**Dataset entries:**

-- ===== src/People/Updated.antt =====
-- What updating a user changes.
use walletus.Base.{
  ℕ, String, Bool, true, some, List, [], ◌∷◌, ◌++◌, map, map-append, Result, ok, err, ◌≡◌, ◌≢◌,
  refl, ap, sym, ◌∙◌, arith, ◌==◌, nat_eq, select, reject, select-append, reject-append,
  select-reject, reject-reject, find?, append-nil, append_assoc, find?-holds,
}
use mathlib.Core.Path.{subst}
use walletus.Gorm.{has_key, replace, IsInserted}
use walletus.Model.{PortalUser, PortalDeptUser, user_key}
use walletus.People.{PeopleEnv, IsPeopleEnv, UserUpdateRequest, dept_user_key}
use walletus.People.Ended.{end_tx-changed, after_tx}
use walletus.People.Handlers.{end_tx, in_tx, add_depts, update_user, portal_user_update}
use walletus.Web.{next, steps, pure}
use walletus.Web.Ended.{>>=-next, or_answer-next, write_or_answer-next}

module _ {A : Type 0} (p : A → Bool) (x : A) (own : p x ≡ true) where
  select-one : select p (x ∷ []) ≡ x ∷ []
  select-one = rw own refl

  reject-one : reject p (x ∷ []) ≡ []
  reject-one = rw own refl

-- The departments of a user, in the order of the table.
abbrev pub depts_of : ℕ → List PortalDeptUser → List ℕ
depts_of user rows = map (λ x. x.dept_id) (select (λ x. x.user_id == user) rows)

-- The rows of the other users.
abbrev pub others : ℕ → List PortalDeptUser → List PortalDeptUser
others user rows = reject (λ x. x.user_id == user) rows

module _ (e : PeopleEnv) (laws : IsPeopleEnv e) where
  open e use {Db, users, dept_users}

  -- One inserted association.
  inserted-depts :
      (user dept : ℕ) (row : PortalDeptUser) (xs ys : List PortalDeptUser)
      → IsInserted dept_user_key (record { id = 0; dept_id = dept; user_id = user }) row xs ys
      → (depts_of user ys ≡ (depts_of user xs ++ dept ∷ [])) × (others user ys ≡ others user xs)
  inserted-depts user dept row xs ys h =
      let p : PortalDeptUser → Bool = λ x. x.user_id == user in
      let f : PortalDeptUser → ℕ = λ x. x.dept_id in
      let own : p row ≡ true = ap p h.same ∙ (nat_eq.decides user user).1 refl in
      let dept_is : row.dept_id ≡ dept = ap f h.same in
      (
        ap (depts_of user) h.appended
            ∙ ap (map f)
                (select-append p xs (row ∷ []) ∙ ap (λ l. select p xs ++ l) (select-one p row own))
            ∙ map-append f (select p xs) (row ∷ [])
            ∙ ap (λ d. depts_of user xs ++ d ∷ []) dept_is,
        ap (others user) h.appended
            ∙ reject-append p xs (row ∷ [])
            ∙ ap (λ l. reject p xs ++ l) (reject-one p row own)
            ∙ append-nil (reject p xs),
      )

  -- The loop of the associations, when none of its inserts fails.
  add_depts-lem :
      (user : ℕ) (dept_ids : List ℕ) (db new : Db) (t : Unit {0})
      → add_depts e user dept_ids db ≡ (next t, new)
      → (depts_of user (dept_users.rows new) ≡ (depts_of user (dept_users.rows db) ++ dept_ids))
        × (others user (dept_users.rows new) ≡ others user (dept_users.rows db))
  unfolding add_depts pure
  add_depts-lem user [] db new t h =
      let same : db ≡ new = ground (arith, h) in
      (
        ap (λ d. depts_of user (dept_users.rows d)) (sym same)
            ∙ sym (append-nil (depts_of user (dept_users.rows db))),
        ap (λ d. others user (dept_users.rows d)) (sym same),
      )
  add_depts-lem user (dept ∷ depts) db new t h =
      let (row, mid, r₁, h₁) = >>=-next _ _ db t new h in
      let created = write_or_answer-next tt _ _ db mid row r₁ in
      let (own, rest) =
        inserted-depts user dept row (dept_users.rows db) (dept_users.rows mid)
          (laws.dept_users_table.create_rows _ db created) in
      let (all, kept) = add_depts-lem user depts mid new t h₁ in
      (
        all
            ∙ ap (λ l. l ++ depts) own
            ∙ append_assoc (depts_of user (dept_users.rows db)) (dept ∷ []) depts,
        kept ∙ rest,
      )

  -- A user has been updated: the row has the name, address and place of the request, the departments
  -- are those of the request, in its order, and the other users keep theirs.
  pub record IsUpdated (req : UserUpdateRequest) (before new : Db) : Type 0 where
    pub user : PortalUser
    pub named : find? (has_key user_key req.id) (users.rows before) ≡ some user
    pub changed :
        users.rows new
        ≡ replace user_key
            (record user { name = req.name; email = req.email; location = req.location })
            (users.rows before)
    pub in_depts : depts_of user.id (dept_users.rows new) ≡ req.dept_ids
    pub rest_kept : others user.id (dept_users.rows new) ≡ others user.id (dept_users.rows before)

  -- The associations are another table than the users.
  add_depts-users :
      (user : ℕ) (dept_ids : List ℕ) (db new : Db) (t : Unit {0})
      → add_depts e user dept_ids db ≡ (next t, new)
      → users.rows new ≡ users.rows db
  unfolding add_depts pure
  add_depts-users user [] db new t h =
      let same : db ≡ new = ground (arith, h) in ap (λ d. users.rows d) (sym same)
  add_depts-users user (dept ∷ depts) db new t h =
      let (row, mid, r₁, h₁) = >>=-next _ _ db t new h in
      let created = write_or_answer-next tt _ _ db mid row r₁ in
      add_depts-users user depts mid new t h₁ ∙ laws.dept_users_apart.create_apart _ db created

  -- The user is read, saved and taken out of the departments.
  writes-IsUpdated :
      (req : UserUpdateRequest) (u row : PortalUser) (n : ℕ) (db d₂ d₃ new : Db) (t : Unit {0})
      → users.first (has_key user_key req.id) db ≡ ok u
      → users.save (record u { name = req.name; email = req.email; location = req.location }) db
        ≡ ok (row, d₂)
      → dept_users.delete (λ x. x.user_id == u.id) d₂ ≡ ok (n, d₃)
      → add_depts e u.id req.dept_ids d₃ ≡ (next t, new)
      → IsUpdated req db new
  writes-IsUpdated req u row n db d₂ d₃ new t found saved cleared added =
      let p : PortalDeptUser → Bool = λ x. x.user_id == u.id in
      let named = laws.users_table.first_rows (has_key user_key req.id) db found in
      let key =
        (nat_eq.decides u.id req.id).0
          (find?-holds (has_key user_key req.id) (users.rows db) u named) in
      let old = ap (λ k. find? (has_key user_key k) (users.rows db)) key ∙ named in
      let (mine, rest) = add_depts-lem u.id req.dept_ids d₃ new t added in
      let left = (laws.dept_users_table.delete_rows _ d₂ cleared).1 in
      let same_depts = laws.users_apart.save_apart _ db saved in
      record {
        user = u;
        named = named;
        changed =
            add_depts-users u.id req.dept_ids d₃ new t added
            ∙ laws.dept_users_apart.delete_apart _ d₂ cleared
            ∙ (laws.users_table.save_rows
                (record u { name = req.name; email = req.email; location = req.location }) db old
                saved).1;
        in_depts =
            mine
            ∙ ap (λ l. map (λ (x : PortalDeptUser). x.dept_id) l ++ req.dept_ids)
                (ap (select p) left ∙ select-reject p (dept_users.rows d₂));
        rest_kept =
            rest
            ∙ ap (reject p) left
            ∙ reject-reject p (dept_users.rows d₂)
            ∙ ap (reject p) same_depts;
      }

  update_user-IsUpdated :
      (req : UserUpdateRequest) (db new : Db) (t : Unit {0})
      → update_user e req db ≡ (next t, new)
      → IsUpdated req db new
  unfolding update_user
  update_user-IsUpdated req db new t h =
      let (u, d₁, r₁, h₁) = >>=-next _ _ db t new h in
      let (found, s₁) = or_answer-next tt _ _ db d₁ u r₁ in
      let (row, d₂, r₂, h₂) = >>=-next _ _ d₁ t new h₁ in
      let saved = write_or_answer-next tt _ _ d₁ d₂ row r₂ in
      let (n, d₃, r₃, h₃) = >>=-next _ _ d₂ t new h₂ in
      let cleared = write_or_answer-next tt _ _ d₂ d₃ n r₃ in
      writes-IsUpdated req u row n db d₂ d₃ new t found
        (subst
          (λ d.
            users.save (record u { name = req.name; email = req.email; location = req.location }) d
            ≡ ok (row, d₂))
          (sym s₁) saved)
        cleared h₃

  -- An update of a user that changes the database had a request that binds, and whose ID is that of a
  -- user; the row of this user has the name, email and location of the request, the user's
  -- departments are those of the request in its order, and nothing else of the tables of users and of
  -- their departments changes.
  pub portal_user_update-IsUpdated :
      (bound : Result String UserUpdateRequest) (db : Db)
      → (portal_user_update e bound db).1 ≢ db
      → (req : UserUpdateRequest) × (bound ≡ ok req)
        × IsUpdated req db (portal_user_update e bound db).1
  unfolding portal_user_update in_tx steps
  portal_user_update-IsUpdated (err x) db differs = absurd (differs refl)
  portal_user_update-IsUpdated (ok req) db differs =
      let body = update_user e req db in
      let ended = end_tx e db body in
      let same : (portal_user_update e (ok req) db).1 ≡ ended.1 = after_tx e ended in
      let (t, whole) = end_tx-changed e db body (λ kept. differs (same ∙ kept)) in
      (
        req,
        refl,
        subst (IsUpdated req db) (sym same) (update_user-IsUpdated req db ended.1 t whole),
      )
...
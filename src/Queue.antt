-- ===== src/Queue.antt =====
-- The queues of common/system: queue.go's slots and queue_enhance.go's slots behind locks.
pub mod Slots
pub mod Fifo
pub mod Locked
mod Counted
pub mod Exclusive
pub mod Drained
...
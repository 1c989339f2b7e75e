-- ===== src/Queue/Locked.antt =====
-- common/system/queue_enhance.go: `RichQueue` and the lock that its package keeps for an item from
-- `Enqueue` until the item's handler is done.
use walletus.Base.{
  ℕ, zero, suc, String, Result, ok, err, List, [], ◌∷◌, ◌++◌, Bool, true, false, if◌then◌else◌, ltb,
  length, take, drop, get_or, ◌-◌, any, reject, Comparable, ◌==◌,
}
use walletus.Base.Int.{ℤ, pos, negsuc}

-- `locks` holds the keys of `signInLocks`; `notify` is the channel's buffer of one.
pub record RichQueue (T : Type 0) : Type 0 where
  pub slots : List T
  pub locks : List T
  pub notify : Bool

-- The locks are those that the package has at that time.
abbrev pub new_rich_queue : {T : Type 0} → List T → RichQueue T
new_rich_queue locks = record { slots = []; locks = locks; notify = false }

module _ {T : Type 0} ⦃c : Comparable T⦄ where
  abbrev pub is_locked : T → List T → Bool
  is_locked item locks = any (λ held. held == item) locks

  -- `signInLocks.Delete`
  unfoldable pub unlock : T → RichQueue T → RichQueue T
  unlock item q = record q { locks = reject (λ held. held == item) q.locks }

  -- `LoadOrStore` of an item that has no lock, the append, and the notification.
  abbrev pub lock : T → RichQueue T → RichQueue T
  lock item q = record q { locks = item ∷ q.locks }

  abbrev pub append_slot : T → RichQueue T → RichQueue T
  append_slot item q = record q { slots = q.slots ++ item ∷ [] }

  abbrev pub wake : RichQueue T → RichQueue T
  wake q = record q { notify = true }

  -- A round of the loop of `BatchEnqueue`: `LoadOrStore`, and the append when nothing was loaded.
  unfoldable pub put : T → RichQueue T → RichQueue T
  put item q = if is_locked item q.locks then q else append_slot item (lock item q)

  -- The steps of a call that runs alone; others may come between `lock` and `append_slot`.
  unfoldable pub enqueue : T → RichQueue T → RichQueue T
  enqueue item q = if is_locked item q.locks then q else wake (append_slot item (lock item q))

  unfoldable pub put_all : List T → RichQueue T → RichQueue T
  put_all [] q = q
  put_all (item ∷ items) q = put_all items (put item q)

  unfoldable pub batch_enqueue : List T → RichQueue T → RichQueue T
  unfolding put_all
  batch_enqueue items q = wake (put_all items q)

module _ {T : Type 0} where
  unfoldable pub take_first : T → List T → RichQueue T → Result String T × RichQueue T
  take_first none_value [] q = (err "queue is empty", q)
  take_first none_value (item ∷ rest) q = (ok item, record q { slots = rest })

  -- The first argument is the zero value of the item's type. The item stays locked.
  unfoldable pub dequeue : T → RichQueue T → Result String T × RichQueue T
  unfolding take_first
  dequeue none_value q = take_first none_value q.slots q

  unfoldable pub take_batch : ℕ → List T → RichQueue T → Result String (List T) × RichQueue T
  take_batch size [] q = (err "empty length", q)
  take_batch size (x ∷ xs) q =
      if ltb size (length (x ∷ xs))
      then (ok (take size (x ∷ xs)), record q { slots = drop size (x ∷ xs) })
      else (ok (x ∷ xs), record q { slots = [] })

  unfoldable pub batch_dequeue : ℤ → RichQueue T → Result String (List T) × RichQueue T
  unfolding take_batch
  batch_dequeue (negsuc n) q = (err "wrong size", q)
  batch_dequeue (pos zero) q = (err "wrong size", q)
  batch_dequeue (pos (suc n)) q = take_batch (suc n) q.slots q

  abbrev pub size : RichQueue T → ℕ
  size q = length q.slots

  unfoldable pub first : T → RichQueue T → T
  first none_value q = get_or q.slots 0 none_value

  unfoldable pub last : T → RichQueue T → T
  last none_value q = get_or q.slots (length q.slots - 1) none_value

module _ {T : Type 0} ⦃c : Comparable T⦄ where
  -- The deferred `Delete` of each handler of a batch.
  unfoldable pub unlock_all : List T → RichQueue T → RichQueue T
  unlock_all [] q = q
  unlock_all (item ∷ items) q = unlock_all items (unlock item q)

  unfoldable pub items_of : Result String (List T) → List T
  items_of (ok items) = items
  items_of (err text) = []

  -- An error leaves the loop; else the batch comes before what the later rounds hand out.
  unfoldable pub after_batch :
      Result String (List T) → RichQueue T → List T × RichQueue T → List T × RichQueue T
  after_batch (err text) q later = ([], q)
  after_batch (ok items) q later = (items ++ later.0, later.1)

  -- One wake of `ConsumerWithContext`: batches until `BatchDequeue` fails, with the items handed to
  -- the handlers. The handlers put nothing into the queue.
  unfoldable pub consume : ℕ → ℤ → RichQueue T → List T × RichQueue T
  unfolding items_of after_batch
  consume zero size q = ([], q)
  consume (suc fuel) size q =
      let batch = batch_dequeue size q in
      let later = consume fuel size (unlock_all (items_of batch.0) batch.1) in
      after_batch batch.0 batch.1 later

**EXERCISE DESCRIPTION:** Lines with the word "find" in them are the answer; report each one from the data.

**TASK RESPONSE:**
  select-reject, reject-reject, find?, append-nil, append_assoc, find?-holds,
    pub named : find? (has_key user_key req.id) (users.rows before) ≡ some user
          (find?-holds (has_key user_key req.id) (users.rows db) u named) in
      let old = ap (λ k. find? (has_key user_key k) (users.rows db)) key ∙ named in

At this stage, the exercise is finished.